2. We proceed from the usual notion of a formula (of propositional logic) on the basis of an alphabet consisting of the signs of the operations \(&\), \(\vee\), \(\supset\), and \(\neg\), signs for variables \(a, b, c, a, \ldots\), and parentheses; a set of formulas containing all axioms of \(I\) and closed with respect to substitution and modus ponens is called a superintuitionistic logic \((^{8г,19в})\). The least (with respect to \(\subseteq\)) of such logics containing the given formulas \(A_1, A_2, \ldots\) is called the logic generated by the given formulas, and is denoted by \([A_1, A_2, \ldots]\). We say that from a formula \(A\) a formula \(B\) is derivable if \(B \in [A]\).

A means of detecting nonderivability is often a truth matrix, i.e., a set \(E\) with binary operations \(&\), \(\vee\), and \(\supset\), a unary operation \(\neg\), and a subset \(E' \subseteq E\) of “distinguished” elements. If this matrix is regular (i.e., from \(\alpha \in E'\) and \((\alpha \supset \beta) \in E'\) it follows that \(\beta \in E'\)), and the axioms of the calculus \(I\) take on it only values from \(E'\), then all this is preserved also after identifying every such \(\alpha\) and \(\beta\) for which \((\alpha \supset \beta) \in E'\) and \((\beta \supset \alpha) \in E'\). The matrix is thereby transformed into a *pseudoboolean algebra \((^{16})\), i.e., a system \(\langle M; \&, \vee, \supset, \neg\rangle\), which is a structure (lattice) \(\langle M; \&, \vee\rangle\) with relative pseudo-complement \(\supset\) and pseudo-complement \(\neg\) (see \((^1)\)), i.e., implicative—

* The possibility of various refinements of the contentual constructive logic (i.e., the logic of constructive direction in mathematics) was also reflected in the fact that intuitionistic logic, which many called constructive, is now again called intuitionistic. The terms “constructive calculus,” “superconstructive logic,” etc., have changed analogously.

** This hypothesis is, it is true, a consequence of the more general theorem 3.4 of \((^{17})\). However, the latter (in its proof in \((^{17})\) there was a noticeable gap) was refuted by A. Ya. Yankov \((^{19в})\).

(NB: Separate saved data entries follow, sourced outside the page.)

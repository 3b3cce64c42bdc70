-- ===== src/Tests/Delivery.antt =====
-- A run of the subscriber of one stream, from its first chunk to its end.
use astrbot_plugin_webchat_g.Prelude.{◌≡◌, refl, true, false, List, [], ◌∷◌, ◌++◌, arith, text_key}
use astrbot_plugin_webchat_g.Prelude.Int.{negsuc}
use astrbot_plugin_webchat_g.Dict.{get, put}
use astrbot_plugin_webchat_g.StreamBuffer
use astrbot_plugin_webchat_g.StreamBuffer.Types.{Buffer, Entry, is_terminal, closed_ok, reply}
use astrbot_plugin_webchat_g.StreamBuffer.{
  pending_entry, with_chunk, closed_with, append_chunk, close,
}
use astrbot_plugin_webchat_g.StreamBuffer.Caps.{IsCapped}
use astrbot_plugin_webchat_g.StreamBuffer.Subscribe.{
  closes, iter_subscribe, resume, read_entry, apply,
}
use astrbot_plugin_webchat_g.StreamBuffer.Subscribe.Delivery.{
  Move, drives, others, turns, move, moves, taken, reached,
}
use astrbot_plugin_webchat_g.StreamBuffer.Subscribe.Delivery.Once.{
  outcome, delivers_in_order, delivers_all,
}

abbrev pub before : Buffer
before = record {
  grace_seconds = 30;
  max_per_token = 1;
  max_global = 2;
  entries = ("x", pending_entry "t" "s" 10 0) ∷ [];
  is_set = λ _. false;
  next_event = 1;
}

before-IsCapped : IsCapped before
unfolding get
before-IsCapped = record { positive = omega arith; bounded = omega arith; distinct = (refl, tt) }

-- The subscriber delivers a chunk; another one comes, and the end, before its next turn.
abbrev story : List Move
story =
    drives "a"
    ∷ turns
    ∷ turns
    ∷ drives "b"
    ∷ others (closes "x" closed_ok (reply 1 2 false) 20)
    ∷ turns
    ∷ turns
    ∷ turns
    ∷ turns
    ∷ turns
    ∷ []

abbrev last : Entry
last =
    closed_with closed_ok (reply 1 2 false) 20
      (with_chunk 1 "b" 2 (with_chunk 0 "a" 1 (pending_entry "t" "s" 10 0)))

program : Unit {0}
unfolding outcome moves move append_chunk close iter_subscribe resume read_entry apply get put
    StreamBuffer.newer StreamBuffer.set_event
program = tt

delivers_in_order_example :
    taken
        (outcome (negsuc 0) "x" story before).1.stage
        (outcome (negsuc 0) "x" story before).1.delivered
      ++ StreamBuffer.newer
          (reached
            (outcome (negsuc 0) "x" story before).1.stage
            (outcome (negsuc 0) "x" story before).1.last_seq)
          last.chunks
    ≡ StreamBuffer.newer (negsuc 0) last.chunks
unfolding program
delivers_in_order_example =
    delivers_in_order (negsuc 0) "x" story before (pending_entry "t" "s" 10 0) last before-IsCapped
      refl tt refl (tt, (tt, (tt, (tt, (tt, (tt, (tt, (tt, (tt, (tt, tt)))))))))) refl

delivers_all_example :
    ((outcome (negsuc 0) "x" story before).1.delivered ≡ StreamBuffer.newer (negsuc 0) last.chunks)
    × (is_terminal last.state ≡ true)
unfolding program
delivers_all_example =
    delivers_all (negsuc 0) "x" story before (pending_entry "t" "s" 10 0) last before-IsCapped refl
      tt refl (tt, (tt, (tt, (tt, (tt, (tt, (tt, (tt, (tt, (tt, tt)))))))))) refl refl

*** On irregular matrices see \((^{18})\).

structure \(\langle M;\ &, \vee, \supset\rangle\) \({}^{(4)}\) with least element \(0\) and greatest (“distinguished”) element \(1\). We say that a formula \(A\) is true on a (pseudo-Boolean) algebra \(\mathfrak A\) if \(A=1\) on \(\mathfrak A\). The set of all formulas true on \(\mathfrak A\) is a superintuitionistic logic and is called the logic of the algebra \(\mathfrak A\). We say that an algebra separates a formula \(A\) from formulas \(B_1,B_2,\ldots\) if on it \(B_1,B_2,\ldots\) are true, while \(A\) is not true. If this algebra is finite, then the formula \(A\) is called finitely separable from \(B_1,B_2,\ldots\). A logic \(L\) is called finitely approximable if every formula not belonging to \(L\) is finitely separable from \(L\).* The hypothesis mentioned above is equivalent to the assertion that for all formulas \(A_1,\ldots,A_n\) the logic \([A_1,\ldots,A_n]\) (i.e. \([A_1\&\ldots\&A_n]\)) is finitely approximable, i.e. that every formula not derivable from \(A\) is finitely separable from \(A\).

Fig. 1  Fig. 2  Fig. 3

1. The idea of finite approximability goes back to the works of McKinsey \({}^{(11)}\), A. I. Mal'cev, and others. A universal algebra \(\mathfrak A\) is called finitely approximable \({}^{(12a)}\)** if for any two distinct elements \(\alpha\) and \(\beta\) of it there exists a homomorphism \(\sigma\) of the algebra \(\mathfrak A\) into some finite algebra such that \(\alpha\sigma\ne\beta\sigma\) (cf. \({}^{(12b)}\)). A superintuitionistic logic \(L\) is finitely approximable if and only if the free algebras of the corresponding variety \({}^{(6,12b)}\) of all those pseudo-Boolean algebras on which all formulas of \(L\) are true are finitely approximable. The logic of its free algebra with an infinite number of generators coincides with \(L\). Therefore, if \(B\) is not derivable from the formula \(A\), then \(B\) is separated from \(A\) by a free algebra of the variety corresponding to \([A]\), and even with a finite number of generators (i.e. finitely generated), since the number of variables in \(B\) is finite.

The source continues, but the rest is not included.